Throughout Physics IV.1-5, Aristotle uses the phenomenon of something being in a vessel consistently as his archetype of what it means for something to be “in” something else (cf. Phys. 208b1, 209b28, 210a24). Place is consistently likened to a vessel, and he uses the example of the vessel throughout to test his hypotheses about place. What is the relationship between a vessel and a place? A vessel is different from a place, as we said in chapter one, specifically in that a vessel is itself a body, while place, though it is extended in all directions like a body, is not one (Phys. 209a5). For the physicist, however, place belongs essentially to a vessel, since he always considers limits as the limits of some body (Phys. 193b32). Aristotle describes the kind of limiting that a vessel achieves by us of the word περιέχειν, which is usually translated as ‘to surround’ or ‘to contain’ (Phys. 212a5, 212a20). In matters of place, he also makes it clear that that which is surrounded is a body itself (Phys. 212a6, 212b28). Thus, a vessel is a body that surrounds another body such that they share a limit with one another.

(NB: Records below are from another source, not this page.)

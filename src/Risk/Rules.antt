-- ===== src/Risk/Rules.antt =====
-- backend/app/core/risk_policy.py: the rules of the risk policy, in the order of the source. The
-- patterns are texts; what `re.search` says of a pattern and a command is a parameter.
use mama_ai.Prelude.{String, List, [], ◌∷◌}
use mama_ai.Task.{RiskLevel, medium, high, critical}

pub data PermissionDecision : Type 0 where
  allow require_approval deny : PermissionDecision

pub record RiskRule : Type 0 where
  pub category : String
  pub pattern : String
  pub risk_level : RiskLevel
  pub decision : PermissionDecision
  pub reason : String

abbrev pub credential_theft : RiskRule
credential_theft = record {
  category = "credential_theft";
  pattern =
      "\\b(?:steal|extract|dump|collect)\\b.*\\b(?:passwords?|credentials?|tokens?|cookies?)\\b";
  risk_level = critical;
  decision = deny;
  reason = "Requests to steal or extract private credentials are prohibited.";
}

abbrev pub security_bypass : RiskRule
security_bypass = record {
  category = "security_bypass";
  pattern =
      "\\b(?:disable|bypass|evade|remove)\\b.*\\b(?:security|antivirus|authentication|approval|permission)\\b";
  risk_level = critical;
  decision = deny;
  reason = "Mama AI cannot bypass authentication, approval, or device-security controls.";
}

abbrev pub malicious_software : RiskRule
malicious_software = record {
  category = "malicious_software";
  pattern = "\\b(?:keylogger|ransomware|credential\\s*theft|password\\s*stealer)\\b";
  risk_level = critical;
  decision = deny;
  reason = "Malicious software operations are prohibited.";
}

abbrev pub financial_transaction : RiskRule
financial_transaction = record {
  category = "financial_transaction";
  pattern = "\\b(?:pay|send|transfer)\\b.*\\b(?:money|payment|funds?|rupees?|inr|dollars?|usd)\\b";
  risk_level = critical;
  decision = require_approval;
  reason = "Financial transactions require explicit user approval before execution.";
}

abbrev pub upi_transaction : RiskRule
upi_transaction = record {
  category = "upi_transaction";
  pattern = "(?:\\bupi\\b.*\\b(?:pay|send|transfer)\\b|\\b(?:pay|send|transfer)\\b.*\\bupi\\b)";
  risk_level = critical;
  decision = require_approval;
  reason = "UPI transactions require explicit user approval.";
}

abbrev pub purchase : RiskRule
purchase = record {
  category = "purchase";
  pattern = "\\b(?:buy|purchase|place\\s+(?:the\\s+)?order|confirm\\s+(?:the\\s+)?order)\\b";
  risk_level = critical;
  decision = require_approval;
  reason = "Purchases and orders require explicit approval.";
}

abbrev pub system_power : RiskRule
system_power = record {
  category = "system_power";
  pattern = "\\b(?:shutdown|shut\\s+down|restart|reboot|factory\\s+reset)\\b";
  risk_level = critical;
  decision = require_approval;
  reason = "Power and factory-reset operations require explicit approval.";
}

abbrev pub disk_destruction : RiskRule
disk_destruction = record {
  category = "disk_destruction";
  pattern = "\\b(?:format|wipe|erase)\\b.*\\b(?:drive|disk|partition)\\b";
  risk_level = critical;
  decision = require_approval;
  reason = "Disk modification can cause permanent data loss.";
}

abbrev pub external_communication : RiskRule
external_communication = record {
  category = "external_communication";
  pattern =
      "\\b(?:send|post|publish)\\b.*\\b(?:email|message|sms|whatsapp|telegram|tweet|social\\s+media|public\\s+post)\\b";
  risk_level = critical;
  decision = require_approval;
  reason = "External communications require approval before they are sent.";
}

abbrev pub file_deletion : RiskRule
file_deletion = record {
  category = "file_deletion";
  pattern = "\\b(?:delete|remove|erase)\\b.*\\b(?:file|folder|directory|document|photo|video)\\b";
  risk_level = high;
  decision = require_approval;
  reason = "Deleting files or folders requires approval.";
}

abbrev pub terminal_execution : RiskRule
terminal_execution = record {
  category = "terminal_execution";
  pattern =
      "\\b(?:run|execute|open|launch)\\b.*\\b(?:cmd|command\\s+prompt|powershell|terminal|shell)\\b";
  risk_level = high;
  decision = require_approval;
  reason = "Terminal and shell access requires approval.";
}

abbrev pub software_change : RiskRule
software_change = record {
  category = "software_change";
  pattern =
      "\\b(?:install|uninstall|remove)\\b.*\\b(?:application|app|program|software|package|driver)\\b";
  risk_level = high;
  decision = require_approval;
  reason = "Installing or removing software requires approval.";
}

abbrev pub system_configuration : RiskRule
system_configuration = record {
  category = "system_configuration";
  pattern =
      "\\b(?:change|modify|edit|disable|enable)\\b.*\\b(?:registry|firewall|system\\s+settings|network\\s+settings)\\b";
  risk_level = high;
  decision = require_approval;
  reason = "System configuration changes require approval.";
}

abbrev pub recording : RiskRule
recording = record {
  category = "recording";
  pattern =
      "\\b(?:record|capture|activate|turn\\s+on)\\b.*\\b(?:camera|microphone|webcam|audio)\\b";
  risk_level = high;
  decision = require_approval;
  reason = "Camera or microphone recording requires approval.";
}

abbrev pub file_modification : RiskRule
file_modification = record {
  category = "file_modification";
  pattern =
      "\\b(?:create|write|edit|modify|rename|move|copy)\\b.*\\b(?:file|folder|directory|document)\\b";
  risk_level = medium;
  decision = allow;
  reason = "The command modifies local files and must be logged.";
}

abbrev pub file_transfer : RiskRule
file_transfer = record {
  category = "file_transfer";
  pattern = "\\b(?:upload|download)\\b.*\\b(?:file|document|photo|video|archive)\\b";
  risk_level = medium;
  decision = allow;
  reason = "The command transfers data and must be logged.";
}

-- `RiskPolicy._build_rules`
unfoldable pub build_rules : List RiskRule
build_rules =
    credential_theft ∷ security_bypass ∷ malicious_software ∷ financial_transaction
    ∷ upi_transaction ∷ purchase ∷ system_power ∷ disk_destruction ∷ external_communication
    ∷ file_deletion ∷ terminal_execution ∷ software_change ∷ system_configuration ∷ recording
    ∷ file_modification ∷ file_transfer ∷ []
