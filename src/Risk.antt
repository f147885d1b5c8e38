-- ===== src/Risk.antt =====
-- backend/app/core/risk_policy.py: `RiskPolicy.assess`. `search pattern command` is whether
-- `re.search` with `re.IGNORECASE` finds the pattern in the command. The fresh `assessment_id` and
-- the reading of `utc_now()` are arguments.
pub mod Rules
pub mod Policy
pub mod Strongest
use mama_ai.Prelude.{ℕ, String, Bool, true, false, List, not}
use mama_ai.Task.{RiskLevel}
use Rules.{PermissionDecision, allow, require_approval, deny}

pub record RiskAssessment : Type 0 where
  pub command : String
  pub risk_level : RiskLevel
  pub decision : PermissionDecision
  pub category : String
  pub reasons : List String
  pub matched_rules : List String
  pub assessment_id : String
  pub created_at : ℕ

-- `RiskAssessment.requires_approval`
abbrev pub needs_approval : PermissionDecision → Bool
needs_approval require_approval = true
needs_approval _ = false

-- `decision == PermissionDecision.DENY`
abbrev pub is_deny : PermissionDecision → Bool
is_deny deny = true
is_deny _ = false

-- `RiskAssessment.allowed`
unfoldable pub allowed : RiskAssessment → Bool
allowed a = not (is_deny a.decision)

As we have said, however, any analysis of the way in which one thing is together with another that remains on the physical level will necessarily fail to account for the difference between the way in which two parts of the same body may limit one another and the way in which one body limits another body because the limit in each case will have a different ontological significance, which is not manifested as a physical feature.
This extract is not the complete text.